Task directions
Go through the listing below and reproduce it word for word.
━━━ Records to process
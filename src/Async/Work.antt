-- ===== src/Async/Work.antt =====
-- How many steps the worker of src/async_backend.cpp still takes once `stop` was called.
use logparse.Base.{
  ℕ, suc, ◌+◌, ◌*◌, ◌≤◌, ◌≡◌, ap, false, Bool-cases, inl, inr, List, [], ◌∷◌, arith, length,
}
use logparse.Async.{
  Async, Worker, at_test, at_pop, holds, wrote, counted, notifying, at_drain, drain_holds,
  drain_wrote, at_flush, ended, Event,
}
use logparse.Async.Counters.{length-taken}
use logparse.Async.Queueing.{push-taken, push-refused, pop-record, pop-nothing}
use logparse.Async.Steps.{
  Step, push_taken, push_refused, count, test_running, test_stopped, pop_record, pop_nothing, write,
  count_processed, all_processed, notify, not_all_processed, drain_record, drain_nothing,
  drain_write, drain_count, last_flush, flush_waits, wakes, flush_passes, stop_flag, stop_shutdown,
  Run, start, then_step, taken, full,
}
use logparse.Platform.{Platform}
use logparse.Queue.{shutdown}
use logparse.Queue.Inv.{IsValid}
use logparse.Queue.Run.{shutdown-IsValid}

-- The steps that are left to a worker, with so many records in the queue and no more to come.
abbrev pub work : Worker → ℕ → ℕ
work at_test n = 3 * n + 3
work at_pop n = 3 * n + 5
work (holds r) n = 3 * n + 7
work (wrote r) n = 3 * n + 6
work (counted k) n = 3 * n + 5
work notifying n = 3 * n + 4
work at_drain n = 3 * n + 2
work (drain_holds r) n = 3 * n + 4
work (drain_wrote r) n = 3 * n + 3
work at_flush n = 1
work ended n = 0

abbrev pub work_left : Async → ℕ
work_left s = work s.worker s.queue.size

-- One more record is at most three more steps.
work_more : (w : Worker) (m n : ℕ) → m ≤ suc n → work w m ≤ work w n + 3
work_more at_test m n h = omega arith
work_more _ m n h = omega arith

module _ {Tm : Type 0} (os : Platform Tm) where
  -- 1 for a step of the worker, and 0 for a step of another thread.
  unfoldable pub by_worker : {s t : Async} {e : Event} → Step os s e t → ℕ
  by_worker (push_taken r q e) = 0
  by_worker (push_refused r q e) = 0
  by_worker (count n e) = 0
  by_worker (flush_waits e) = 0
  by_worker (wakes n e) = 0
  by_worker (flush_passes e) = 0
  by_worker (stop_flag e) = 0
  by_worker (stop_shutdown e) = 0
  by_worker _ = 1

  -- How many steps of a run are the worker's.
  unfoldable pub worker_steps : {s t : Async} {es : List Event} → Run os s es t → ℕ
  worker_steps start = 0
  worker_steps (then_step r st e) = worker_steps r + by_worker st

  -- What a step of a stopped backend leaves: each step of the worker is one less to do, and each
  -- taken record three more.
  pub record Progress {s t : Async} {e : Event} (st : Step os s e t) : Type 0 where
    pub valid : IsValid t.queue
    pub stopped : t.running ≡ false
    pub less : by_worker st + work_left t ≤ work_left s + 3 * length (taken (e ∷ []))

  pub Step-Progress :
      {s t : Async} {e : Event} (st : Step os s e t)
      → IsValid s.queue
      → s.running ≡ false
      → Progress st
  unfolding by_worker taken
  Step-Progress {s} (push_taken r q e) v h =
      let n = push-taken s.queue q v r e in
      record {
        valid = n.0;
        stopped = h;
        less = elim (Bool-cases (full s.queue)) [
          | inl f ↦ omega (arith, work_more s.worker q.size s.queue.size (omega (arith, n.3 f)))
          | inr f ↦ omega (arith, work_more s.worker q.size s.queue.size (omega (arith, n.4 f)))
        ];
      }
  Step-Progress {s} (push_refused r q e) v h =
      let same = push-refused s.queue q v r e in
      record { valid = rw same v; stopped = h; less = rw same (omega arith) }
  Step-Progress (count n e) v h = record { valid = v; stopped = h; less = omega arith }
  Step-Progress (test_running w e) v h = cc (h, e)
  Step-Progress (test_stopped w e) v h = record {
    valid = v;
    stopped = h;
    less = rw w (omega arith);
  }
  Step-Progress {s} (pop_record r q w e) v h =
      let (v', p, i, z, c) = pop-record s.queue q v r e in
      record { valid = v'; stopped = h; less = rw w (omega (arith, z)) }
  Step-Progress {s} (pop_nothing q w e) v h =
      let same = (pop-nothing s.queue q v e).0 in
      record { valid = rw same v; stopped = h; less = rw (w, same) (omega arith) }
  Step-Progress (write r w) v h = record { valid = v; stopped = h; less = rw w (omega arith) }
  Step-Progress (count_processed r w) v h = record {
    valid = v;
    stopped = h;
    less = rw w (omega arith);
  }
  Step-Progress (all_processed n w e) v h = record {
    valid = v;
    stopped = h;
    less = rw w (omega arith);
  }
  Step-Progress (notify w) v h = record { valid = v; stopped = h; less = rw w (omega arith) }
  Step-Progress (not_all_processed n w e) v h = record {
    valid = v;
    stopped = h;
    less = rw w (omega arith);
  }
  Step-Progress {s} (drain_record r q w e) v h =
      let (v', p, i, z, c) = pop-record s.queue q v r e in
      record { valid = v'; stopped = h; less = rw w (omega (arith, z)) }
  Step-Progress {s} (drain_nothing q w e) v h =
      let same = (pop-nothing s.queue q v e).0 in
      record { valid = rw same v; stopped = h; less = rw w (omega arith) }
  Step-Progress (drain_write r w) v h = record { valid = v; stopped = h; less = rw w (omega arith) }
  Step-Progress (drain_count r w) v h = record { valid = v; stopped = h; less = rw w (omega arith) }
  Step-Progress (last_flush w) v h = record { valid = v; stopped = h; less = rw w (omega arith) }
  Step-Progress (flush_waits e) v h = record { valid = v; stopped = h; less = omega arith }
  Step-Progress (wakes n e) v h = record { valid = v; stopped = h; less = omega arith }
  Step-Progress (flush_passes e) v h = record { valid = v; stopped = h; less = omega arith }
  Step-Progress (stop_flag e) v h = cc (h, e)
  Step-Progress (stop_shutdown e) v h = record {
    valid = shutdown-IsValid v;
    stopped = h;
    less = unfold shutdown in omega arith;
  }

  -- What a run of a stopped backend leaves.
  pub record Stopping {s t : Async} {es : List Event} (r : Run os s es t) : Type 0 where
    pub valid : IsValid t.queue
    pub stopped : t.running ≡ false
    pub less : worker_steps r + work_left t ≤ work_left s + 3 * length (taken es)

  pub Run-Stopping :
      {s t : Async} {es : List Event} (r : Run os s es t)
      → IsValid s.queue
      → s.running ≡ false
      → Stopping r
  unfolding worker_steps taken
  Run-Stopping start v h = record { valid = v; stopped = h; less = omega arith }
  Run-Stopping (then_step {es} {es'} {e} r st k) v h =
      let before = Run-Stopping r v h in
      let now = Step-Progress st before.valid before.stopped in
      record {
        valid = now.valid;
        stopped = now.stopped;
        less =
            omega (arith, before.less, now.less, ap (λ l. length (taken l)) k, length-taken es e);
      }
━━━━━━
Answer area
filename src/Async/Work.antt
-- ===== src/Async/Work.antt =====
-- How many steps the worker of src/async_backend.cpp still takes once `stop` was called.
use logparse.Base.{
  ℕ, suc, ◌+◌, ◌*◌, ◌≤◌, ◌≡◌, ap, false, Bool-cases, inl, inr, List, [], ◌∷◌, arith, length,
}
use logparse.Async.{
  Async, Worker, at_test, at_pop, holds, wrote, counted, notifying, at_drain, drain_holds,
  drain_wrote, at_flush, ended, Event,
}
use logparse.Async.Counters.{length-taken}
use logparse.Async.Queueing.{push-taken, push-refused, pop-record, pop-nothing}
use logparse.Async.Steps.{
  Step, push_taken, push_refused, count, test_running, test_stopped, pop_record, pop_nothing, write,
  count_processed, all_processed, notify, not_all_processed, drain_record, drain_nothing,
  drain_write, drain_count, last_flush, flush_waits, wakes, flush_passes, stop_flag, stop_shutdown,
  Run, start, then_step, taken, full,
}
use logparse.Platform.{Platform}
use logparse.Queue.{shutdown}
use logparse.Queue.Inv.{IsValid}
use logparse.Queue.Run.{shutdown-IsValid}

-- The steps that are left to a worker, with so many records in the queue and no more to come.
abbrev pub work : Worker → ℕ → ℕ
work at_test n = 3 * n + 3
work at_pop n = 3 * n + 5
work (holds r) n = 3 * n + 7
work (wrote r) n = 3 * n + 6
work (counted k) n = 3 * n + 5
work notifying n = 3 * n + 4
work at_drain n = 3 * n + 2
work (drain_holds r) n = 3 * n + 4
work (drain_wrote r) n = 3 * n + 3
work at_flush n = 1
work ended n = 0

abbrev pub work_left : Async → ℕ
work_left s = work s.worker s.queue.size

-- One more record is at most three more steps.
work_more : (w : Worker) (m n : ℕ) → m ≤ suc n → work w m ≤ work w n + 3
work_more at_test m n h = omega arith
work_more _ m n h = omega arith

module _ {Tm : Type 0} (os : Platform Tm) where
  -- 1 for a step of the worker, and 0 for a step of another thread.
  unfoldable pub by_worker : {s t : Async} {e : Event} → Step os s e t → ℕ
  by_worker (push_taken r q e) = 0
  by_worker (push_refused r q e) = 0
  by_worker (count n e) = 0
  by_worker (flush_waits e) = 0
  by_worker (wakes n e) = 0
  by_worker (flush_passes e) = 0
  by_worker (stop_flag e) = 0
  by_worker (stop_shutdown e) = 0
  by_worker _ = 1

  -- How many steps of a run are the worker's.
  unfoldable pub worker_steps : {s t : Async} {es : List Event} → Run os s es t → ℕ
  worker_steps start = 0
  worker_steps (then_step r st e) = worker_steps r + by_worker st

  -- What a step of a stopped backend leaves: each step of the worker is one less to do, and each
  -- taken record three more.
  pub record Progress {s t : Async} {e : Event} (st : Step os s e t) : Type 0 where
    pub valid : IsValid t.queue
    pub stopped : t.running ≡ false
    pub less : by_worker st + work_left t ≤ work_left s + 3 * length (taken (e ∷ []))

  pub Step-Progress :
      {s t : Async} {e : Event} (st : Step os s e t)
      → IsValid s.queue
      → s.running ≡ false
      → Progress st
  unfolding by_worker taken
  Step-Progress {s} (push_taken r q e) v h =
      let n = push-taken s.queue q v r e in
      record {
        valid = n.0;
        stopped = h;
        less = elim (Bool-cases (full s.queue)) [
          | inl f ↦ omega (arith, work_more s.worker q.size s.queue.size (omega (arith, n.3 f)))
          | inr f ↦ omega (arith, work_more s.worker q.size s.queue.size (omega (arith, n.4 f)))
        ];
      }
  Step-Progress {s} (push_refused r q e) v h =
      let same = push-refused s.queue q v r e in
      record { valid = rw same v; stopped = h; less = rw same (omega arith) }
  Step-Progress (count n e) v h = record { valid = v; stopped = h; less = omega arith }
  Step-Progress (test_running w e) v h = cc (h, e)
  Step-Progress (test_stopped w e) v h = record {
    valid = v;
    stopped = h;
    less = rw w (omega arith);
  }
  Step-Progress {s} (pop_record r q w e) v h =
      let (v', p, i, z, c) = pop-record s.queue q v r e in
      record { valid = v'; stopped = h; less = rw w (omega (arith, z)) }
  Step-Progress {s} (pop_nothing q w e) v h =
      let same = (pop-nothing s.queue q v e).0 in
      record { valid = rw same v; stopped = h; less = rw (w, same) (omega arith) }
  Step-Progress (write r w) v h = record { valid = v; stopped = h; less = rw w (omega arith) }
  Step-Progress (count_processed r w) v h = record {
    valid = v;
    stopped = h;
    less = rw w (omega arith);
  }
  Step-Progress (all_processed n w e) v h = record {
    valid = v;
    stopped = h;
    less = rw w (omega arith);
  }
  Step-Progress (notify w) v h = record { valid = v; stopped = h; less = rw w (omega arith) }
  Step-Progress (not_all_processed n w e) v h = record {
    valid = v;
    stopped = h;
    less = rw w (omega arith);
  }
  Step-Progress {s} (drain_record r q w e) v h =
      let (v', p, i, z, c) = pop-record s.queue q v r e in
      record { valid = v'; stopped = h; less = rw w (omega (arith, z)) }
  Step-Progress {s} (drain_nothing q w e) v h =
      let same = (pop-nothing s.queue q v e).0 in
      record { valid = rw same v; stopped = h; less = rw w (omega arith) }
  Step-Progress (drain_write r w) v h = record { valid = v; stopped = h; less = rw w (omega arith) }
  Step-Progress (drain_count r w) v h = record { valid = v; stopped = h; less = rw w (omega arith) }
  Step-Progress (last_flush w) v h = record { valid = v; stopped = h; less = rw w (omega arith) }
  Step-Progress (flush_waits e) v h = record { valid = v; stopped = h; less = omega arith }
  Step-Progress (wakes n e) v h = record { valid = v; stopped = h; less = omega arith }
  Step-Progress (flush_passes e) v h = record { valid = v; stopped = h; less = omega arith }
  Step-Progress (stop_flag e) v h = cc (h, e)
  Step-Progress (stop_shutdown e) v h = record {
    valid = shutdown-IsValid v;
    stopped = h;
    less = unfold shutdown in omega arith;
  }

  -- What a run of a stopped backend leaves.
  pub record Stopping {s t : Async} {es : List Event} (r : Run os s es t) : Type 0 where
    pub valid : IsValid t.queue
    pub stopped : t.running ≡ false
    pub less : worker_steps r + work_left t ≤ work_left s + 3 * length (taken es)

  pub Run-Stopping :
      {s t : Async} {es : List Event} (r : Run os s es t)
      → IsValid s.queue
      → s.running ≡ false
      → Stopping r
  unfolding worker_steps taken
  Run-Stopping start v h = record { valid = v; stopped = h; less = omega arith }
  Run-Stopping (then_step {es} {es'} {e} r st k) v h =
      let before = Run-Stopping r v h in
      let now = Step-Progress st before.valid before.stopped in
      record {
        valid = now.valid;
        stopped = now.stopped;
        less =
            omega (arith, before.less, now.less, ap (λ l. length (taken l)) k, length-taken es e);
      }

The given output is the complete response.